**How to complete this task**
Go through the entries one line at a time, and gather every line that has the word "Middleware".
--- Records for the task Enclosed Below ---
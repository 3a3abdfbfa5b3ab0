-- ===== src/Middleware/Headers/Sent.antt =====
-- Which headers reach the client.
use cascade_proxy.Common.{
  ℕ, ◌≡◌, refl, ap, ◌∙◌, Bool, true, false, Option, none, some, List, [], ◌∷◌, ◌++◌, any, arith,
  if◌then◌else◌, Text, text_eq, Dict,
}
use cascade_proxy.Http.{
  Header, WriteOp, set_header, add_header, del_header, write_header, write_body, set, add, del,
  at_key, Client, start, apply, apply_all, finish, response,
}
use cascade_proxy.Http.Canonical.{canonical}
use cascade_proxy.Http.Laws.{at_key-set, at_key-del}
use cascade_proxy.Middleware.Recorder.Laws.{apply_all-append}
use cascade_proxy.Middleware.Headers.{
  Config, del_all, set_all, del_ops, set_ops, apply_headers, intercept,
}

-- A status or a part of the body is written.
abbrev pub writes : List WriteOp → Bool
writes [] = false
writes (set_header _ _ ∷ ops) = writes ops
writes (add_header _ _ ∷ ops) = writes ops
writes (del_header _ ∷ ops) = writes ops
writes (write_header _ ∷ ops) = true
writes (write_body _ ∷ ops) = true

-- The last value that the configuration has for the key.
abbrev pub configured : Text → Dict Text → Option Text
configured j [] = none
configured j ((k, v) ∷ m) = elim (configured j m) [
  | some u ↦ some u
  | none ↦ if text_eq (canonical k) j then some v else none
]

abbrev pub configured_or : Option Text → List Text → List Text
configured_or none vs = vs
configured_or (some v) vs = v ∷ []

at_key-set_all :
    (m : Dict Text) (h : Header) (j : Text)
    → at_key j (set_all m h) ≡ configured_or (configured j m) (at_key j h)
unfolding set_all
at_key-set_all [] h j = refl
at_key-set_all ((k, v) ∷ m) h j =
    rw (at_key-set_all m (set k v h) j, at_key-set k v j h) (ground arith)

at_key-del_all :
    (ks : List Text) (h : Header) (j : Text)
    → at_key j (del_all ks h) ≡ (if any (λ k. text_eq (canonical k) j) ks then [] else at_key j h)
unfolding del_all
at_key-del_all [] h j = refl
at_key-del_all (k ∷ ks) h j = rw (at_key-del_all ks (del k h) j, at_key-del k j h) (ground arith)

apply_all-set_ops :
    (c : Client) (m : Dict Text)
    → apply_all c (set_ops m) ≡ record c { header = set_all m c.header }
unfolding apply_all apply set_ops set_all
apply_all-set_ops c [] = refl
apply_all-set_ops c ((k, v) ∷ m) = apply_all-set_ops (record c { header = set k v c.header }) m

apply_all-del_ops :
    (c : Client) (ks : List Text)
    → apply_all c (del_ops ks) ≡ record c { header = del_all ks c.header }
unfolding apply_all apply del_ops del_all
apply_all-del_ops c [] = refl
apply_all-del_ops c (k ∷ ks) = apply_all-del_ops (record c { header = del k c.header }) ks

abbrev edited : Config → Header → Header
edited cfg h = set_all cfg.response_headers (del_all cfg.remove_response_headers h)

apply_all-apply_headers :
    (cfg : Config) (h : Header) (ops : List WriteOp)
    → apply_all (start h) (apply_headers cfg ++ ops) ≡ apply_all (start (edited cfg h)) ops
unfolding apply_headers
apply_all-apply_headers cfg h ops =
    rw
      (
        apply_all-append (start h)
            (del_ops cfg.remove_response_headers ++ set_ops cfg.response_headers) ops,
        apply_all-append (start h) (del_ops cfg.remove_response_headers)
            (set_ops cfg.response_headers),
        apply_all-del_ops (start h) cfg.remove_response_headers,
        apply_all-set_ops (start (del_all cfg.remove_response_headers h)) cfg.response_headers,
      )
      refl

-- What was sent stays sent.
apply_all-sent :
    (c : Client) (ops : List WriteOp) (s : ℕ × Header)
    → c.sent ≡ some s
    → (apply_all c ops).sent ≡ some s
unfolding apply_all apply
apply_all-sent c [] s e = e
apply_all-sent c (set_header k v ∷ ops) s e = apply_all-sent (apply c (set_header k v)) ops s e
apply_all-sent c (add_header k v ∷ ops) s e = apply_all-sent (apply c (add_header k v)) ops s e
apply_all-sent c (del_header k ∷ ops) s e = apply_all-sent (apply c (del_header k)) ops s e
apply_all-sent c (write_header n ∷ ops) s e =
    apply_all-sent (apply c (write_header n)) ops s (ground arith)
apply_all-sent c (write_body b ∷ ops) s e =
    apply_all-sent (apply c (write_body b)) ops s (ground arith)

sent_header : (c : Client) (s : ℕ × Header) → c.sent ≡ some s → (finish c).header ≡ s.1
sent_header c s e = ground arith

response-write :
    (h : Header) (op : WriteOp) (n : ℕ) (ops : List WriteOp)
    → (apply (start h) op).sent ≡ some (n, h)
    → (response h (op ∷ ops)).header ≡ h
unfolding response apply_all
response-write h op n ops e =
    sent_header (apply_all (apply (start h) op) ops) (n, h)
      (apply_all-sent (apply (start h) op) ops (n, h) e)

response-apply_headers :
    (cfg : Config) (h : Header) (ops : List WriteOp)
    → response h (apply_headers cfg ++ ops) ≡ response (edited cfg h) ops
unfolding response
response-apply_headers cfg h ops = ap finish (apply_all-apply_headers cfg h ops)

abbrev Edits : Config → Text → List Text → List Text → Type 0
Edits cfg j after before =
    after
    ≡ configured_or (configured j cfg.response_headers)
        (if any (λ k. text_eq (canonical k) j) cfg.remove_response_headers then [] else before)

write-Edits :
    (cfg : Config) (h : Header) (op : WriteOp) (n : ℕ) (rest ops : List WriteOp) (j : Text)
    → ((h' : Header) → (apply (start h') op).sent ≡ some (n, h'))
    → Edits cfg j
        (at_key j (response h (apply_headers cfg ++ (op ∷ rest))).header)
        (at_key j (response h (op ∷ ops)).header)
write-Edits cfg h op n rest ops j e =
    rw
      (
        response-apply_headers cfg h (op ∷ rest),
        response-write (edited cfg h) op n rest (e (edited cfg h)),
        response-write h op n ops (e h),
      )
      (at_key-set_all cfg.response_headers (del_all cfg.remove_response_headers h) j
        ∙ ap (configured_or (configured j cfg.response_headers))
            (at_key-del_all cfg.remove_response_headers h j))

-- The client's header has, if the handler writes a status or a body, under a key that the
-- configuration adds the configured value, under another that it removes nothing, and under every
-- other key what the handler's own header would have there.
pub intercept-header :
    (cfg : Config) (h : Header) (ops : List WriteOp) (j : Text)
    → writes ops ≡ true
    → at_key j (response h (intercept cfg false ops)).header
      ≡ configured_or (configured j cfg.response_headers) (
          if any (λ k. text_eq (canonical k) j) cfg.remove_response_headers
          then []
          else at_key j (response h ops).header)
unfolding intercept response apply_all apply
intercept-header cfg h [] j e = cc
intercept-header cfg h (set_header k v ∷ ops) j e = intercept-header cfg (set k v h) ops j e
intercept-header cfg h (add_header k v ∷ ops) j e = intercept-header cfg (add k v h) ops j e
intercept-header cfg h (del_header k ∷ ops) j e = intercept-header cfg (del k h) ops j e
intercept-header cfg h (write_header n ∷ ops) j e =
    write-Edits cfg h (write_header n) n (intercept cfg true ops) ops j (λ _. refl)
intercept-header cfg h (write_body b ∷ ops) j e =
    write-Edits cfg h (write_body b) 200 (intercept cfg true ops) ops j (λ _. refl)

-- A handler that writes neither a status nor a body is passed through as it is, so that the client
-- gets none of the configured headers and keeps those that should be removed.
pub intercept_silent :
    (cfg : Config) (ops : List WriteOp) → writes ops ≡ false → intercept cfg false ops ≡ ops
unfolding intercept
intercept_silent cfg [] e = refl
intercept_silent cfg (set_header k v ∷ ops) e =
    ap (◌∷◌ (set_header k v)) (intercept_silent cfg ops e)
intercept_silent cfg (add_header k v ∷ ops) e =
    ap (◌∷◌ (add_header k v)) (intercept_silent cfg ops e)
intercept_silent cfg (del_header k ∷ ops) e = ap (◌∷◌ (del_header k)) (intercept_silent cfg ops e)
intercept_silent cfg (write_header _ ∷ ops) e = cc
intercept_silent cfg (write_body _ ∷ ops) e = cc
--- End of Enclosed Records for the task ---
**Expected output**
-- ===== src/Middleware/Headers/Sent.antt =====
use cascade_proxy.Middleware.Recorder.Laws.{apply_all-append}
use cascade_proxy.Middleware.Headers.{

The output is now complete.